* [Problem to work on] Look through the material below and give the number of lines where the string "entries" occurs, with nothing added.

========

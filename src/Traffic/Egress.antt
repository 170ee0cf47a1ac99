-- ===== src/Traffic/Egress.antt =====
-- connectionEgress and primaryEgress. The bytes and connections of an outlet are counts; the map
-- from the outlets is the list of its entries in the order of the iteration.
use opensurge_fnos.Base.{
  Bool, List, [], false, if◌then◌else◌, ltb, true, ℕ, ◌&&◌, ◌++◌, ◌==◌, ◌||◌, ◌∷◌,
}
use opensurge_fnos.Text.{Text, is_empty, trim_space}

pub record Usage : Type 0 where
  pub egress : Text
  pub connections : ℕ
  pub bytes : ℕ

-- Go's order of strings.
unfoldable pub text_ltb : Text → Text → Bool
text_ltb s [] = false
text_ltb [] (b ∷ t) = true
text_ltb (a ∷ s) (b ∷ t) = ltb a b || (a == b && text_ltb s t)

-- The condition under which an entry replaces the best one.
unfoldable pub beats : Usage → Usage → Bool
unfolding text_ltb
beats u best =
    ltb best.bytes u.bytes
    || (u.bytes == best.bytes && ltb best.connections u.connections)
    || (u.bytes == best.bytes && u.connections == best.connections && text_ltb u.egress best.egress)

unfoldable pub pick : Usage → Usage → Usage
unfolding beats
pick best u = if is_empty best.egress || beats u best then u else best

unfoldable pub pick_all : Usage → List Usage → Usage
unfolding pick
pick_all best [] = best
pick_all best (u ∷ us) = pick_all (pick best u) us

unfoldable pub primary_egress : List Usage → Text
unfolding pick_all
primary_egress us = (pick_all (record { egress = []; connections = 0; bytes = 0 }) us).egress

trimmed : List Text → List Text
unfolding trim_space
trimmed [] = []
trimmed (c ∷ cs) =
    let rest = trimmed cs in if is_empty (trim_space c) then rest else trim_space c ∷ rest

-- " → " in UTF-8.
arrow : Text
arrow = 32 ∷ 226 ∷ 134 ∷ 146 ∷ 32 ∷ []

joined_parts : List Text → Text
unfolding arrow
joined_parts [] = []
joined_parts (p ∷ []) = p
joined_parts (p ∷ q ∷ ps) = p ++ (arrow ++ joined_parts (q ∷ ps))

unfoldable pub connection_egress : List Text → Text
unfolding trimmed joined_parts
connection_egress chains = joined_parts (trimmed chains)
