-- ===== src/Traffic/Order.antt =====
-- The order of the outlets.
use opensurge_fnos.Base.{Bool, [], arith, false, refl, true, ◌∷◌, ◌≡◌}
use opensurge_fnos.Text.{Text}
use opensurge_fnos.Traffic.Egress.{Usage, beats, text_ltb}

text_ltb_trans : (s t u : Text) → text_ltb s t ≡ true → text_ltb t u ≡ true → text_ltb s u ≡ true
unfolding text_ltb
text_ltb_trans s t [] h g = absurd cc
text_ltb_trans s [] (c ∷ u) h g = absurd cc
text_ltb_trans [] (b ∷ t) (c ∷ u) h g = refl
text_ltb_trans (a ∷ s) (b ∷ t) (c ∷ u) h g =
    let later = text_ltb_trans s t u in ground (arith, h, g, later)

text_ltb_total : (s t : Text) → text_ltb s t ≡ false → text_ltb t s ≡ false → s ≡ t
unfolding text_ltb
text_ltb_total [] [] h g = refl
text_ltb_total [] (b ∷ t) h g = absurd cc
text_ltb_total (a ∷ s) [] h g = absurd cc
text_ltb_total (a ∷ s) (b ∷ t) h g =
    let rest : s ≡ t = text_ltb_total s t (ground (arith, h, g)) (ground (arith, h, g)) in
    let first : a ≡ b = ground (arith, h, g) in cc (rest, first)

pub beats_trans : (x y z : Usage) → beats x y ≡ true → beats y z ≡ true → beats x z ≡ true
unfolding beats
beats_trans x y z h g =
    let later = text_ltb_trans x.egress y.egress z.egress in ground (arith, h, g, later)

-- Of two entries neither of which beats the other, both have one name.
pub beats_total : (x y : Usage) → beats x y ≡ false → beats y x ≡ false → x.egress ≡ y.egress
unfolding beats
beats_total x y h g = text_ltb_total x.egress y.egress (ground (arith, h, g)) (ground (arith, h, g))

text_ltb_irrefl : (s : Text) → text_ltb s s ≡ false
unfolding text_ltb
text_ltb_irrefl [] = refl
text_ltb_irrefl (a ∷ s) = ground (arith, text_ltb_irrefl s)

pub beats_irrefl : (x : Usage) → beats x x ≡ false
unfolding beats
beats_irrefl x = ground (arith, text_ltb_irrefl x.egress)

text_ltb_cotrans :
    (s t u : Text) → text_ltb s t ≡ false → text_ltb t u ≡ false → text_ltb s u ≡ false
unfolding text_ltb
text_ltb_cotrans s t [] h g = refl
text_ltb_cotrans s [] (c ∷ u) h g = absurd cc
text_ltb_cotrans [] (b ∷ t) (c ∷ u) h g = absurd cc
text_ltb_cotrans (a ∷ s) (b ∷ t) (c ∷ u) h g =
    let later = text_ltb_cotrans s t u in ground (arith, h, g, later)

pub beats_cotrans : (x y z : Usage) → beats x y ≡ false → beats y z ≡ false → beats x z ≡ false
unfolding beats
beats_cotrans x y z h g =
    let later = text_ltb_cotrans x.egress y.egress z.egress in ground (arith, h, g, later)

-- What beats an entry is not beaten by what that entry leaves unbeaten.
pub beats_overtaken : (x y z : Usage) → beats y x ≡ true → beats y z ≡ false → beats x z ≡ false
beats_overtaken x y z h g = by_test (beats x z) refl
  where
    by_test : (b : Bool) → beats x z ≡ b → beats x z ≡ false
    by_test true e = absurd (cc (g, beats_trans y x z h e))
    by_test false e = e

========

* [Written response] 2